DIRECTIONS FOR THIS TASK
Go through the records line by line. Report how many lines contain "assigns", with nothing else.

(Dataset entries)

[Start of Attachment]

-- ===== src/Api/Webservices.antt =====
-- iotronic/api/controllers/v1/webservice.py and enabledwebservice.py.
use stack4things_openstack_i.Conductor.RpcApi.Messages.{Message}
use stack4things_openstack_i.Action.{Action, Exception, raise, ◌>>=◌, ◌>>◌}
use stack4things_openstack_i.Api.Boards.{want_collection}
use stack4things_openstack_i.Api.Boards.Parts.{webservice_return_fields}
use stack4things_openstack_i.Api.Listing.{
  Answered, Query, allow, fields_or, get_page, rpc_silent, show, show_list,
}
use stack4things_openstack_i.Api.Resources.Kinds.{enabled_webservice_kind, webservice_kind}
use stack4things_openstack_i.Api.Utils.{ApiConf, Context, get_rpc_webservice}
use stack4things_openstack_i.Base.{List, Option, String, [], ◌∷◌}
use stack4things_openstack_i.Common.Policy.{Enforcer}
use stack4things_openstack_i.Db.Engine.{Engine}
use stack4things_openstack_i.Db.Fleets.{get_enabled_webservice_by_id, get_webservice_by_uuid}
use stack4things_openstack_i.Db.Schema.{Column}
use stack4things_openstack_i.Objects.Listing.{list_enabled_webservices, list_webservices}

abbrev enabled_return_fields : List String
enabled_return_fields = "board_uuid" ∷ "http_port" ∷ "https_port" ∷ "dns" ∷ "zone" ∷ "extra" ∷ []

module _ ⦃E : Engine⦄ ⦃F : Enforcer⦄ (conf : ApiConf) (ctx : Context) where
  unfoldable pub get_webservices_collection : Query → Option (List String) → Action Answered
  unfolding get_page list_webservices show_list
  get_webservices_collection q fields = do
    page ← get_page conf get_webservice_by_uuid ("extra" ∷ []) q
    webservices ← list_webservices (("project_id", ctx.project_id) ∷ []) page
    show_list conf webservice_kind fields page.limit q.sort_key q.sort_dir webservices

  unfoldable pub get_webservice_one : String → Option (List String) → Action Answered
  unfolding get_rpc_webservice allow show
  get_webservice_one webservice_ident fields = do
    rpc_webservice ← get_rpc_webservice webservice_ident
    allow "iot:webservice:get_one" ctx.policy_values
    show conf webservice_kind fields rpc_webservice

  unfoldable pub get_webservice_all : Query → Action Answered
  unfolding allow get_webservices_collection
  get_webservice_all q = do
    allow "iot:webservice:get" ctx.policy_values
    get_webservices_collection q (fields_or webservice_return_fields q.fields)

  unfoldable pub delete_webservice : String → Action Answered
  unfolding allow get_rpc_webservice rpc_silent
  delete_webservice webservice_ident = do
    allow "iot:webservice:delete" ctx.policy_values
    rpc_webservice ← get_rpc_webservice webservice_ident
    rpc_silent conf (Message.destroy_webservice (rpc_webservice.row Column.uuid))

  -- The collection is asked with arguments that its method does not have: TypeError.
  unfoldable pub detail_webservices : String → Query → Action Answered
  unfolding allow
  detail_webservices parent q = do
    allow "iot:webservice:get" ctx.policy_values
    want_collection "webservices" parent
    raise Exception.type_error

  -- EnabledWebservicesController: the marker is the id of a row
  unfoldable pub get_enabled_all : Query → Action Answered
  unfolding allow get_page list_enabled_webservices show_list
  get_enabled_all q = do
    allow "iot:enabledwebservice:get" ctx.policy_values
    page ← get_page conf get_enabled_webservice_by_id ("extra" ∷ []) q
    enabled ← list_enabled_webservices (("project_id", ctx.project_id) ∷ []) page
    show_list conf enabled_webservice_kind (fields_or enabled_return_fields q.fields) page.limit
        q.sort_key q.sort_dir enabled
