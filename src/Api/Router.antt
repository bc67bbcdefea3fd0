-- ===== src/Api/Router.antt =====
-- iotronic/api/controllers/v1: which handler serves a request. pecan routes the path to a
-- controller's method, and BoardsController._lookup to the controllers of a board.
pub mod Routes
pub mod Reading
pub mod Serving
pub mod Sessions
pub mod Strangers
pub mod Reconnecting
use stack4things_openstack_i.Api.Router.Routes.{Request}
use stack4things_openstack_i.Action.{Action}
use stack4things_openstack_i.Api.Boards.{
  delete_board, detail_boards, get_board_all, get_board_one, patch_board, post_board,
  post_board_action,
}
use stack4things_openstack_i.Api.Boards.Parts.{
  delete_board_plugin, get_board_plugins, get_board_services, get_services_status,
  post_board_plugin, post_service_action, put_board_plugin, restore_board_services,
}
use stack4things_openstack_i.Api.Boards.Parts.Webservices.{
  disable_board_webservices, enable_board_webservices, get_board_webservices, put_board_webservice,
  renew_board_webservices,
}
use stack4things_openstack_i.Api.Boards.Parts.Ports.{
  delete_board_port, get_board_port, get_board_ports, put_board_port,
}
use stack4things_openstack_i.Api.Fleets.{
  delete_fleet, detail_fleets, get_fleet_all, get_fleet_boards, get_fleet_one, patch_fleet,
  post_fleet,
}
use stack4things_openstack_i.Api.Listing.{Answered}
use stack4things_openstack_i.Api.Plugins.{
  delete_plugin, detail_plugins, get_plugin_all, get_plugin_one, get_public_plugins, patch_plugin,
  post_plugin,
}
use stack4things_openstack_i.Api.Ports.{delete_port_one, get_port_all, get_port_one}
use stack4things_openstack_i.Api.Requests.{
  detail_requests, get_request_all, get_request_one, get_request_results,
}
use stack4things_openstack_i.Api.Services.{
  delete_service, detail_services, get_public_services, get_service_all, get_service_one,
  patch_service, post_service,
}
use stack4things_openstack_i.Api.Utils.{ApiConf, Context}
use stack4things_openstack_i.Api.Webservices.{
  delete_webservice, detail_webservices, get_enabled_all, get_webservice_all, get_webservice_one,
}
use stack4things_openstack_i.Common.Policy.{Enforcer}
use stack4things_openstack_i.Db.Engine.{Engine}

module _ ⦃E : Engine⦄ ⦃F : Enforcer⦄ (conf : ApiConf) (ctx : Context) where
  unfoldable pub handle : Request → Action Answered
  handle (Request.get_board_one a b) = get_board_one conf ctx a b
  handle (Request.get_board_all a b c) = get_board_all conf ctx a b c
  handle (Request.detail_boards a b c d) = detail_boards conf ctx a b c d
  handle (Request.post_board a) = post_board conf ctx a
  handle (Request.delete_board a) = delete_board conf ctx a
  handle (Request.patch_board a b) = patch_board conf ctx a b
  handle (Request.post_board_action a b c) = post_board_action conf ctx a b c
  handle (Request.get_board_plugins a) = get_board_plugins conf ctx a
  handle (Request.post_board_plugin a b c d) = post_board_plugin conf ctx a b c d
  handle (Request.put_board_plugin a b c) = put_board_plugin conf ctx a b c
  handle (Request.delete_board_plugin a b) = delete_board_plugin conf ctx a b
  handle (Request.get_board_services a) = get_board_services conf ctx a
  handle (Request.post_service_action a b c) = post_service_action conf ctx a b c
  handle (Request.restore_board_services a) = restore_board_services conf ctx a
  handle (Request.get_services_status a) = get_services_status conf ctx a
  handle (Request.get_board_webservices a b) = get_board_webservices conf ctx a b
  handle (Request.put_board_webservice a b) = put_board_webservice conf ctx a b
  handle (Request.enable_board_webservices a b c d) = enable_board_webservices conf ctx a b c d
  handle (Request.disable_board_webservices a) = disable_board_webservices conf ctx a
  handle (Request.renew_board_webservices a) = renew_board_webservices conf ctx a
  handle (Request.put_board_port a b c d) = put_board_port conf ctx a b c d
  handle (Request.delete_board_port a b) = delete_board_port conf ctx a b
  handle (Request.get_board_ports a) = get_board_ports conf ctx a
  handle (Request.get_board_port a b) = get_board_port conf ctx a b
  handle (Request.get_public_plugins a) = get_public_plugins conf ctx a
  handle (Request.get_plugin_one a b) = get_plugin_one conf ctx a b
  handle (Request.get_plugin_all a b c) = get_plugin_all conf ctx a b c
  handle (Request.detail_plugins a b c d) = detail_plugins conf ctx a b c d
  handle (Request.post_plugin a) = post_plugin conf ctx a
  handle (Request.delete_plugin a) = delete_plugin conf ctx a
  handle (Request.patch_plugin a b) = patch_plugin conf ctx a b
  handle (Request.get_public_services a) = get_public_services conf ctx a
  handle (Request.get_service_one a b) = get_service_one conf ctx a b
  handle (Request.get_service_all a b c) = get_service_all conf ctx a b c
  handle (Request.detail_services a b c d) = detail_services conf ctx a b c d
  handle (Request.post_service a) = post_service conf ctx a
  handle (Request.delete_service a) = delete_service conf ctx a
  handle (Request.patch_service a b) = patch_service conf ctx a b
  handle (Request.get_fleet_boards a b) = get_fleet_boards conf ctx a b
  handle (Request.get_fleet_one a b) = get_fleet_one conf ctx a b
  handle (Request.get_fleet_all a) = get_fleet_all conf ctx a
  handle (Request.post_fleet a) = post_fleet conf ctx a
  handle (Request.delete_fleet a) = delete_fleet conf ctx a
  handle (Request.patch_fleet a b) = patch_fleet conf ctx a b
  handle (Request.detail_fleets a b) = detail_fleets conf ctx a b
  handle (Request.get_webservice_one a b) = get_webservice_one conf ctx a b
  handle (Request.get_webservice_all a) = get_webservice_all conf ctx a
  handle (Request.delete_webservice a) = delete_webservice conf ctx a
  handle (Request.detail_webservices a b) = detail_webservices conf ctx a b
  handle (Request.get_enabled_all a) = get_enabled_all conf ctx a
  handle (Request.get_port_all a) = get_port_all conf ctx a
  handle (Request.get_port_one a b) = get_port_one conf a b
  handle (Request.delete_port_one a) = delete_port_one conf a
  handle (Request.get_request_results a b) = get_request_results conf ctx a b
  handle (Request.get_request_one a b) = get_request_one conf ctx a b
  handle (Request.get_request_all a) = get_request_all conf ctx a
  handle (Request.detail_requests a b) = detail_requests conf ctx a b
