-- ===== src/Db/Keeping.antt =====
-- Invariants of the rows of one table, which reads and writes of other tables keep.
use stack4things_openstack_i.Action.{Exception, World, pure, ◌>>=◌}
use stack4things_openstack_i.Action.Keeps.{
  Keeps, bind-Keeps, catch-Keeps, if-Keeps, lift-Keeps, or_not_found-Keeps, pure-Keeps, raise-Keeps,
  transaction-Keeps,
}
use stack4things_openstack_i.Base.{Bool, List, String, [], false, filter, refl, ◌++◌, ◌∷◌, ◌≡◌}
use stack4things_openstack_i.Db.Engine.{Engine, Outcome, Page, duplicate, refused, stored}
use stack4things_openstack_i.Db.Query.{
  all, create_row, delete_rows, destroy_row, do_update, ensure_uuid, flush, insert_row, new_uuid,
  on_duplicate, on_duplicate_update, one, paginate_query, raise_keyed, update_row, update_rows,
}
use stack4things_openstack_i.Db.Schema.{
  Column, Model, Row, Tables, Value, Values, assigns, same_model,
}

abbrev pub Of : Model → (List Row → Type 0) → Tables → Type 0
Of k Q t = Q (t k)

module _ ⦃E : Engine⦄ {P : Tables → Type 0} where
  pub one-Keeps : (m : Model) (p : Row → Bool) → Keeps P (one m p)
  unfolding one
  one-Keeps m p = record { at = λ w h. h }

  pub all-Keeps : (m : Model) (p : Row → Bool) → Keeps P (all m p)
  unfolding all
  all-Keeps m p = record { at = λ w h. h }

  pub paginate_query-Keeps :
      (m : Model) (g : Page) (p : Row → Bool) → Keeps P (paginate_query m g p)
  unfolding paginate_query
  paginate_query-Keeps m g p = record { at = λ w h. h }

module _ ⦃E : Engine⦄ (k : Model) (Q : List Row → Type 0) where
  pub flush-Keeps :
      {A : Type 0} (o : Outcome A) (w : World)
      → ((a : A) (u : Tables) → o ≡ stored a u → Q (u k))
      → Q (w.tables k)
      → Q ((flush o w).1.tables k)
  flush-Keeps (stored a u) w s h = s a u refl
  flush-Keeps (duplicate cs) w s h = h
  flush-Keeps refused w s h = h

  module _ (m : Model) (apart : same_model m k ≡ false) where
    pub insert_row-Keeps : (vs : Values) → Keeps (Of k Q) (insert_row m vs)
    unfolding insert_row
    insert_row-Keeps vs = record {
      at = λ w h.
          flush-Keeps (E.insert w.tables m vs) w
            (λ r u e. rw ((E.insert_stored w.tables u m vs r e).1, apart) h) h;
    }

    update_rows-Keeps : (p : Row → Bool) (vs : Values) → Keeps (Of k Q) (update_rows m p vs)
    unfolding update_rows
    update_rows-Keeps p vs = record {
      at = λ w h.
          flush-Keeps (E.update w.tables m p vs) w
            (λ n u e. rw ((E.update_stored w.tables u m p vs n e).1, apart) h) h;
    }

  -- rows may go together with the deleted rows of another table
  pub delete_rows-Keeps :
      ((q : Row → Bool) (rows : List Row) → Q rows → Q (filter q rows))
      → (m : Model) (p : Row → Bool) → Keeps (Of k Q) (delete_rows m p)
  unfolding delete_rows
  delete_rows-Keeps sub m p = record {
    at = λ w h.
        flush-Keeps (E.delete w.tables m p) w
          (λ n u e.
            let d = (E.delete_stored w.tables u m p n e).2 k in rw d.1 (sub d.0 (w.tables k) h))
          h;
  }

module _ {P : Tables → Type 0} where
  raise_keyed-Keeps :
      {A : Type 0} (c : Column) (vs : Values) (e : Value → Exception)
      → Keeps P (raise_keyed {A = A} c vs e)
  raise_keyed-Keeps c vs e = if-Keeps (assigns c vs) _ _ (raise-Keeps _) (raise-Keeps _)

  pub on_duplicate-Keeps : {A : Type 0} (e x : Exception) → Keeps P (on_duplicate {A = A} e x)
  on_duplicate-Keeps e (Exception.db_duplicate_entry cs) = raise-Keeps e
  on_duplicate-Keeps e x = raise-Keeps x

  on_duplicate_update-Keeps :
      {A : Type 0} (f : Value → Exception) (vs : Values) (x : Exception)
      → Keeps P (on_duplicate_update {A = A} f vs x)
  on_duplicate_update-Keeps f vs (Exception.db_duplicate_entry cs) =
      search (if-Keeps, raise_keyed-Keeps, raise-Keeps)
  on_duplicate_update-Keeps f vs x = raise-Keeps x

module _ ⦃E : Engine⦄ {P : Tables → Type 0} where
  pub ensure_uuid-Keeps : (vs : Values) → Keeps P (ensure_uuid vs)
  unfolding ensure_uuid new_uuid
  ensure_uuid-Keeps vs =
      let added : String → Values = λ u. vs ++ (Column.uuid, Value.str u) ∷ [] in
      if-Keeps (assigns Column.uuid vs) (pure vs) (new_uuid >>= λ u. pure (added u)) (pure-Keeps vs)
        (bind-Keeps new_uuid (λ u. pure (added u)) (record { at = λ w h. h }) (λ u. pure-Keeps _))

module _ ⦃E : Engine⦄ (k : Model) (Q : List Row → Type 0) (m : Model) where
  module _ (apart : same_model m k ≡ false) where
    pub do_update-Keeps :
        (nf : Value → Exception) (i : Value) (vs : Values) → Keeps (Of k Q) (do_update m nf i vs)
    unfolding do_update
    do_update-Keeps nf i vs = transaction-Keeps _ (
        bind-Keeps _ _ (lift-Keeps _) (λ p.
          bind-Keeps _ _ (or_not_found-Keeps _ _ (one-Keeps m p))
            (λ r. bind-Keeps _ _ (update_rows-Keeps k Q m apart _ vs) (λ _. pure-Keeps _))))

    pub update_row-Keeps :
        (nf exists : Value → Exception) (i : Value) (vs : Values)
        → Keeps (Of k Q) (update_row m nf exists i vs)
    unfolding update_row
    update_row-Keeps nf exists i vs =
        search (if-Keeps, raise-Keeps, catch-Keeps, do_update-Keeps, on_duplicate_update-Keeps)

    pub create_row-Keeps :
        (exists : Value → Exception) (vs : Values) → Keeps (Of k Q) (create_row m exists vs)
    unfolding create_row
    create_row-Keeps exists vs =
        bind-Keeps _ _ (ensure_uuid-Keeps vs)
          (λ us. catch-Keeps _ _ (insert_row-Keeps k Q m apart us) (on_duplicate-Keeps _))

  pub destroy_row-Keeps :
      ((q : Row → Bool) (rows : List Row) → Q rows → Q (filter q rows))
      → (nf : Value → Exception) (i : Value) → Keeps (Of k Q) (destroy_row m nf i)
  unfolding destroy_row
  destroy_row-Keeps sub nf i = transaction-Keeps _ (
      bind-Keeps _ _ (lift-Keeps _) (λ p.
        bind-Keeps _ _ (or_not_found-Keeps _ _ (one-Keeps m p))
          (λ r. bind-Keeps _ _ (delete_rows-Keeps k Q sub m p) (λ _. pure-Keeps _))))
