-- ===== src/Base/Counting.antt =====
-- How many elements of a list pass a test.
use stack4things_openstack_i.Base.{
  All, Bool, Bool-cases, List, [], any, ap, arith, false, filter, inl, inr, length, map, refl, suc,
  true, ◌++◌, ◌∷◌, ◌≡◌, ◌≤◌,
}

module _ {ℓ} {A : Type ℓ} where
  pub length-filter : (p : A → Bool) (xs : List A) → length (filter p xs) ≤ length xs
  unfolding filter
  length-filter p [] = omega arith
  length-filter p (x ∷ xs) = let rest = length-filter p xs in ground arith

  pub filter_comm : (p q : A → Bool) (xs : List A) → filter p (filter q xs) ≡ filter q (filter p xs)
  unfolding filter
  filter_comm p q [] = refl
  filter_comm p q (x ∷ xs) = ground (arith, filter_comm p q xs)

  length-zero : (xs : List A) → length xs ≤ 0 → xs ≡ []
  length-zero [] h = refl
  length-zero (x ∷ xs) h = absurd (omega arith)

  pub length-map : (f : A → A) (xs : List A) → length (map f xs) ≡ length xs
  length-map f [] = refl
  length-map f (x ∷ xs) = ap suc (length-map f xs)

  pub All-filter : (P : A → Type 0) (q : A → Bool) (xs : List A) → All P xs → All P (filter q xs)
  unfolding filter
  All-filter P q [] h = tt
  All-filter P q (x ∷ xs) (h, hs) = elim (Bool-cases (q x)) [
    | inl e ↦ rw e (h, All-filter P q xs hs)
    | inr e ↦ rw e (All-filter P q xs hs)
  ]

  pub All-append : (P : A → Type 0) (xs ys : List A) → All P xs → All P ys → All P (xs ++ ys)
  All-append P [] ys h k = k
  All-append P (x ∷ xs) ys (h, hs) k = (h, All-append P xs ys hs k)

  -- of two tests that a list passes at most once, and that one element passes, the same is found
  pub filter-only :
      (p q : A → Bool) (r : A) (xs : List A)
      → filter p xs ≡ r ∷ []
      → q r ≡ true
      → length (filter q xs) ≤ 1
      → filter q xs ≡ r ∷ []
  unfolding filter
  filter-only p q r [] h k l = cc
  filter-only p q r (x ∷ xs) h k l = elim (Bool-cases (p x)) [
    | inl e ↦
        let here : x ∷ filter p xs ≡ r ∷ [] = ground (arith, e) in
        let same : x ≡ r = cc in
        let passes : q x ≡ true = rw same k in
        let none_left : length (filter q xs) ≤ 0 = ground (arith, passes) in
        rw (passes, length-zero (filter q xs) none_left, same) refl
    | inr e ↦
        let only = filter-only p q r xs (ground (arith, e)) k (ground arith) in
        elim (Bool-cases (q x)) [ inl f ↦ absurd (ground (arith, f, only)) | inr f ↦ rw f only ]
  ]

  pub filter-none : (p : A → Bool) (xs : List A) → any p xs ≡ false → filter p xs ≡ []
  unfolding any filter
  filter-none p [] h = refl
  filter-none p (x ∷ xs) h = ground (arith, filter-none p xs)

[End of Attachment]

EXPECTED ANSWER
3